- _Required action_
Transcribe each entry shown below with no difference from the original.

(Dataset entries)
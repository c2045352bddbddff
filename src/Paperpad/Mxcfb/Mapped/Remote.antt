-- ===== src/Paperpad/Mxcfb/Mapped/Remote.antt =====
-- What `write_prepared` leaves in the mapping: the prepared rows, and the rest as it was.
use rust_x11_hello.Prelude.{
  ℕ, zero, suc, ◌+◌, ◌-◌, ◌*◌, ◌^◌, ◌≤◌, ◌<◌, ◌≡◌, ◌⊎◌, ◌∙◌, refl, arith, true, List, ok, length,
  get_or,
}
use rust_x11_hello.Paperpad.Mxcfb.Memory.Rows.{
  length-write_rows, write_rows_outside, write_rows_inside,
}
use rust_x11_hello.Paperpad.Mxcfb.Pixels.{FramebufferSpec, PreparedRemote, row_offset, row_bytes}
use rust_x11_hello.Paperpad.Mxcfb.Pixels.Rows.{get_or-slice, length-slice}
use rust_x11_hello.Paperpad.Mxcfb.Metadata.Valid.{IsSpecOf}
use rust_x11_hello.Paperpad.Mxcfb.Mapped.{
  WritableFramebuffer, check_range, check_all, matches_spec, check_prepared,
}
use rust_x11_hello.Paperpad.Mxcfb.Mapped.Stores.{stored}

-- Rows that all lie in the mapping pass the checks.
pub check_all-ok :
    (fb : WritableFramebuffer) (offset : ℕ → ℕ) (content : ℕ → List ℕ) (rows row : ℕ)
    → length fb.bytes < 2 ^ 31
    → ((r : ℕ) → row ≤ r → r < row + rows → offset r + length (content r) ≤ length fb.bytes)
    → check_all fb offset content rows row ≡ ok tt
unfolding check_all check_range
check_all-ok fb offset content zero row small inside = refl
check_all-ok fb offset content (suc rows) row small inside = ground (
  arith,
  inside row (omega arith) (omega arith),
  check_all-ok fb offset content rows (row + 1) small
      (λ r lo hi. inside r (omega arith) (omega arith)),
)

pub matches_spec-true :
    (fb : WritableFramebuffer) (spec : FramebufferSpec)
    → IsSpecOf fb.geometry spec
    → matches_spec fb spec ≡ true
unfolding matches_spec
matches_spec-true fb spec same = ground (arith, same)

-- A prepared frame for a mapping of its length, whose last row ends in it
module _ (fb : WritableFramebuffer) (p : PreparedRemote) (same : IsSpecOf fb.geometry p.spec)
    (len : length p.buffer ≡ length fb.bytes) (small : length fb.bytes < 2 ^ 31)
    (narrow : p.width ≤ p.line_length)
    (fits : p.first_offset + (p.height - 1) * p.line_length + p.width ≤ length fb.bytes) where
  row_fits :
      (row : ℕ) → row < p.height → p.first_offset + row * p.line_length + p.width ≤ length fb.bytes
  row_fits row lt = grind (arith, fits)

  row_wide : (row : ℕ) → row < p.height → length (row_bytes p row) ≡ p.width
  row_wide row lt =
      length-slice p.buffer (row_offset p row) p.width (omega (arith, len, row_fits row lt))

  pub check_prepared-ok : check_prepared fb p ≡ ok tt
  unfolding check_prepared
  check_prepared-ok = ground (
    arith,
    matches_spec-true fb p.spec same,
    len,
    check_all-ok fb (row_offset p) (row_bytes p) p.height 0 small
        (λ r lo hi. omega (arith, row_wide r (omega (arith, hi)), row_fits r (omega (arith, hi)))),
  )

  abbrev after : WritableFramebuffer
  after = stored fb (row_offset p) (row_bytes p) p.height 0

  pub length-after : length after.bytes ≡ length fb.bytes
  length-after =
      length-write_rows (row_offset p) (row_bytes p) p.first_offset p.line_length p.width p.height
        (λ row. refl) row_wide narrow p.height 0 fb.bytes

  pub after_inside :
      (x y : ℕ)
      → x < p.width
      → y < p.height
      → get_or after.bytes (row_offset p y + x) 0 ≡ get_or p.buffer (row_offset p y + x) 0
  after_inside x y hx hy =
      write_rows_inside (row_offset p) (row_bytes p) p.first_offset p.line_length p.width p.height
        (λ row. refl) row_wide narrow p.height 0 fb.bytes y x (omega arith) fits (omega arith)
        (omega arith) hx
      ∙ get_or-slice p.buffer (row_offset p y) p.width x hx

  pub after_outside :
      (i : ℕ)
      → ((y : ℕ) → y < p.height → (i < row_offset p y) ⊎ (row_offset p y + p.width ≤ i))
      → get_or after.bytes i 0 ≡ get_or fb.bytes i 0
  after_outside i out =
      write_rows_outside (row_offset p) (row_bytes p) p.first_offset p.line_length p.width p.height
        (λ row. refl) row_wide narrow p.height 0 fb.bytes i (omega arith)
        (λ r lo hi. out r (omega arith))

- _Task solution_
repository c2045352bddbddff
filename src/Paperpad/Mxcfb/Mapped/Remote.antt
-- ===== src/Paperpad/Mxcfb/Mapped/Remote.antt =====
-- What `write_prepared` leaves in the mapping: the prepared rows, and the rest as it was.
use rust_x11_hello.Prelude.{
  ℕ, zero, suc, ◌+◌, ◌-◌, ◌*◌, ◌^◌, ◌≤◌, ◌<◌, ◌≡◌, ◌⊎◌, ◌∙◌, refl, arith, true, List, ok, length,
  get_or,
}
use rust_x11_hello.Paperpad.Mxcfb.Memory.Rows.{
  length-write_rows, write_rows_outside, write_rows_inside,
}
use rust_x11_hello.Paperpad.Mxcfb.Pixels.{FramebufferSpec, PreparedRemote, row_offset, row_bytes}
use rust_x11_hello.Paperpad.Mxcfb.Pixels.Rows.{get_or-slice, length-slice}
use rust_x11_hello.Paperpad.Mxcfb.Metadata.Valid.{IsSpecOf}
use rust_x11_hello.Paperpad.Mxcfb.Mapped.{
  WritableFramebuffer, check_range, check_all, matches_spec, check_prepared,
}
use rust_x11_hello.Paperpad.Mxcfb.Mapped.Stores.{stored}

-- Rows that all lie in the mapping pass the checks.
pub check_all-ok :
    (fb : WritableFramebuffer) (offset : ℕ → ℕ) (content : ℕ → List ℕ) (rows row : ℕ)
    → length fb.bytes < 2 ^ 31
    → ((r : ℕ) → row ≤ r → r < row + rows → offset r + length (content r) ≤ length fb.bytes)
    → check_all fb offset content rows row ≡ ok tt
unfolding check_all check_range
check_all-ok fb offset content zero row small inside = refl
check_all-ok fb offset content (suc rows) row small inside = ground (
  arith,
  inside row (omega arith) (omega arith),
  check_all-ok fb offset content rows (row + 1) small
      (λ r lo hi. inside r (omega arith) (omega arith)),
)

pub matches_spec-true :
    (fb : WritableFramebuffer) (spec : FramebufferSpec)
    → IsSpecOf fb.geometry spec
    → matches_spec fb spec ≡ true
unfolding matches_spec
matches_spec-true fb spec same = ground (arith, same)

-- A prepared frame for a mapping of its length, whose last row ends in it
module _ (fb : WritableFramebuffer) (p : PreparedRemote) (same : IsSpecOf fb.geometry p.spec)
    (len : length p.buffer ≡ length fb.bytes) (small : length fb.bytes < 2 ^ 31)
    (narrow : p.width ≤ p.line_length)
    (fits : p.first_offset + (p.height - 1) * p.line_length + p.width ≤ length fb.bytes) where
  row_fits :
      (row : ℕ) → row < p.height → p.first_offset + row * p.line_length + p.width ≤ length fb.bytes
  row_fits row lt = grind (arith, fits)

  row_wide : (row : ℕ) → row < p.height → length (row_bytes p row) ≡ p.width
  row_wide row lt =
      length-slice p.buffer (row_offset p row) p.width (omega (arith, len, row_fits row lt))

  pub check_prepared-ok : check_prepared fb p ≡ ok tt
  unfolding check_prepared
  check_prepared-ok = ground (
    arith,
    matches_spec-true fb p.spec same,
    len,
    check_all-ok fb (row_offset p) (row_bytes p) p.height 0 small
        (λ r lo hi. omega (arith, row_wide r (omega (arith, hi)), row_fits r (omega (arith, hi)))),
  )

  abbrev after : WritableFramebuffer
  after = stored fb (row_offset p) (row_bytes p) p.height 0

  pub length-after : length after.bytes ≡ length fb.bytes
  length-after =
      length-write_rows (row_offset p) (row_bytes p) p.first_offset p.line_length p.width p.height
        (λ row. refl) row_wide narrow p.height 0 fb.bytes

  pub after_inside :
      (x y : ℕ)
      → x < p.width
      → y < p.height
      → get_or after.bytes (row_offset p y + x) 0 ≡ get_or p.buffer (row_offset p y + x) 0
  after_inside x y hx hy =
      write_rows_inside (row_offset p) (row_bytes p) p.first_offset p.line_length p.width p.height
        (λ row. refl) row_wide narrow p.height 0 fb.bytes y x (omega arith) fits (omega arith)
        (omega arith) hx
      ∙ get_or-slice p.buffer (row_offset p y) p.width x hx

  pub after_outside :
      (i : ℕ)
      → ((y : ℕ) → y < p.height → (i < row_offset p y) ⊎ (row_offset p y + p.width ≤ i))
      → get_or after.bytes i 0 ≡ get_or fb.bytes i 0
  after_outside i out =
      write_rows_outside (row_offset p) (row_bytes p) p.first_offset p.line_length p.width p.height
        (λ row. refl) row_wide narrow p.height 0 fb.bytes i (omega arith)
        (λ r lo hi. out r (omega arith))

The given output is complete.